La semaine dernière, je suis allé passer le week-end à Naples. La vieille ville est magnifique : palazzi baroques, églises majestueuses, chartreuse dominant la cité, cloitres, rues pavées de basalte noir, arrières cours mystérieuses.
Au loin, le Vésuve qui domine la région de sa masse imposante. Dans la baie aux eaux claires les iles de Capri, Ischia, Procida, à un jet de pierre, les sites archéologiques de Pompéi, Herculanum, Oplontis...bref, une ville splendide et peu touristique, une ville qui résiste encore vaillamment à la mondialisation : aucun Starbuck Café, et très peu des fast food et franchises occidentales qui remplacent peu à peu les commerces des autres villes d'Europe (et d'ailleurs).
Ombres au tableau: la vétusté, la crasse, l'abandon, une misère omniprésente, les monstrueux tas d'ordures, les armées de vendeurs à la sauvette proposant des marchandises tombées du camion...

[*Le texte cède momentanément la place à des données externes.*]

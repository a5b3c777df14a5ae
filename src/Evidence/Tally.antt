-- ===== src/Evidence/Tally.antt =====
-- The counts of validate_draft_grounding in app/services/evidence_validation.py.
use mathlib.Core.Path.{subst}
use rfp.Evidence.{EvidenceOps}
use rfp.Evidence.Grounding.{
  GroundingResult, Score, UnsupportedClaim, check_claim_support, extract_draft_claims, grounding_of,
  is_nil, tally, validate_draft_grounding,
}
use rfp.Prelude.{
  All, List, Text, [], arith, if_both, length, refl, suc, sym, take, true, zero, ℕ, ◌+◌, ◌↔◌, ◌∷◌,
  ◌≡◌, ◌≤◌,
}

module _ (ops : EvidenceOps) (threshold : Score) (snippets : List Text) where
  abbrev pub Supported : Text → Type 0
  Supported claim = (check_claim_support ops threshold snippets claim).is_supported ≡ true

  -- The two parts of a tally are those of `claims`.
  record Tallied (claims : List Text) (parts : List UnsupportedClaim × ℕ) : Type 0 where
    sums_up : parts.1 + length parts.0 ≡ length claims
    decides : (is_nil parts.0 ≡ true) ↔ All Supported claims

  tally-Tallied : (claims : List Text) → Tallied claims (tally ops threshold snippets claims)
  unfolding tally
  tally-Tallied [] = record { sums_up = refl; decides = (λ e. tt, λ e. refl) }
  tally-Tallied (claim ∷ claims) =
      let rest = tally-Tallied claims in
      if_both (Tallied (claim ∷ claims))
        (check_claim_support ops threshold snippets claim).is_supported _ _
        (λ e. record {
          sums_up = omega (arith, rest.sums_up);
          decides = (λ h. (e, rest.decides.0 h), λ h. rest.decides.1 h.1);
        })
        (λ e. record {
          sums_up = omega (arith, rest.sums_up);
          decides = (λ h. absurd (ground (arith, h)), λ h. absurd (ground (arith, e, h.0)));
        })

  -- The counts of the result add up, and it passes exactly if all claims are supported.
  pub record Accounted (claims : List Text) (r : GroundingResult) : Type 0 where
    pub bounded : r.total_claims ≤ 50
    pub all_counted : r.total_claims ≡ length claims
    pub added_up : r.supported_count + length r.unsupported_claims ≡ r.total_claims
    pub verdict : (r.passes ≡ true) ↔ All Supported claims

  length-take_le : (n : ℕ) (xs : List Text) → length (take n xs) ≤ n
  length-take_le zero xs = omega arith
  length-take_le (suc n) [] = omega arith
  length-take_le (suc n) (x ∷ xs) = omega (arith, length-take_le n xs)

  extract-bounded : (draft_text : Text) → length (extract_draft_claims ops draft_text) ≤ 50
  unfolding extract_draft_claims
  extract-bounded draft_text = length-take_le 50 _

  none_claimed : (claims : List Text) → is_nil claims ≡ true → claims ≡ []
  none_claimed [] e = refl
  none_claimed (c ∷ cs) e = absurd (ground (arith, e))

  Accounted-empty :
      (r : GroundingResult) (claims : List Text) → claims ≡ [] → Accounted [] r → Accounted claims r
  Accounted-empty r claims e h = subst (λ (cs : List Text). Accounted cs r) (sym e) h

  -- The grounding check examines the claims that extract_draft_claims gives, which are at most 50; it
  -- counts each of these as supported or lists it as unsupported, and it passes exactly if each of
  -- these is supported. Claims of the draft beyond them are not looked at.
  pub validate_draft_grounding-Accounted :
      (draft_text : Text)
      → Accounted
          (extract_draft_claims ops draft_text)
          (validate_draft_grounding ops threshold draft_text snippets)
  unfolding validate_draft_grounding grounding_of
  validate_draft_grounding-Accounted draft_text =
      let claims = extract_draft_claims ops draft_text in
      let parts = tally-Tallied claims in
      if_both (Accounted claims) (is_nil claims) _ _
        (λ e. Accounted-empty _ claims (none_claimed claims e) (record {
          bounded = omega arith;
          all_counted = refl;
          added_up = refl;
          verdict = (λ h. tt, λ h. refl);
        }))
        (λ e. record {
          bounded = extract-bounded draft_text;
          all_counted = refl;
          added_up = parts.sums_up;
          verdict = parts.decides;
        })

Je me suis demandé quelles étaient les ressources économiques de Naples, cette ville qui donne l'impression que le temps s'est arrêté et qu'elle vit en autarcie...repliée sur elle même, ses traditions, sa religion.
Et j'ai lu Gomorra. Un livre qu'il vaut mieux lire en revenant de Naples qu'avant d'y aller. Un livre passionnant, mais dur.
Un livre où l'on comprend que la Campanie est maintenue dans un état quasi féodal par des seigneurs de guerre moderne :
les camoristes.
Deux parties. La première sur Naples et la seconde sur la Campanie. L'auteur commence par le port et élargit peu à peu la spirale de son analyse...
- Le port et ses trafics, les marchandises qui entrent dans le pays sans affranchir les droits de douane
- Le marché de la confection, la contrefaçon, les ateliers clandestins
- les faubourgs napolitains qui servent de réserve de main d'oeuvre à la Camorra
- les guerres entre clans, pour un territoire ou un marché
- les assassinats, la corruption, le marché de l'immobilier
- pour finir, le terrible chapitre sur les déchets où l'on apprend que la Campanie est la poubelle de l'Europe...terrible.
L'on y apprend que les camorristes sont des criminels en col blanc qui s'enrichissent scandaleusement grâce à l'intimidation, les armes, la violence, se partagent entre clans les marchés juteux (contrebande, drogue, confection, bâtiment, trafic d'armes et de déchets) mais n'en font pas profiter leur pays. La population est impuissante est terrorisée. Les autorités quasi impuissantes.
Saviano, natif de Casale di Principe, une ville emblématique pour la Camorra, décide d'écrire pour lutter contre ce système. Une lutte un peu vaine puisque ceux qui s'y essayent sont généralement assassinés dans la plus grande indifférence.
Espérons que les 4 millions de livres vendus + le film primé à Cannes feront réagir la communauté internationale...
J'ai souligné plusieurs passages qui m'ont bouleversé, en voici deux :
Il n'est pas une seconde où le métier de vivre ne ressemble à la prison à perpétuité, une peine qu'on accomplit en menant une existence sauvage, immuable, rapide et violente. Annalista était coupable d'être née à Naples.
Choisir de sauver la vie à celui qui doit mourir, c'est vouloir partager son sort, car ici, la volonté ne fait pas bouger les choses. Aucune décision ne permet de résoudre un problème, aucune prise de conscience, aucune idée ni aucun choix ne peut donner la sensation d'agir de la meilleur des façons. Quoi qu'on fasse, ce sera une erreur, pour une raison ou pour une autre. C'est çà la vraie solitude.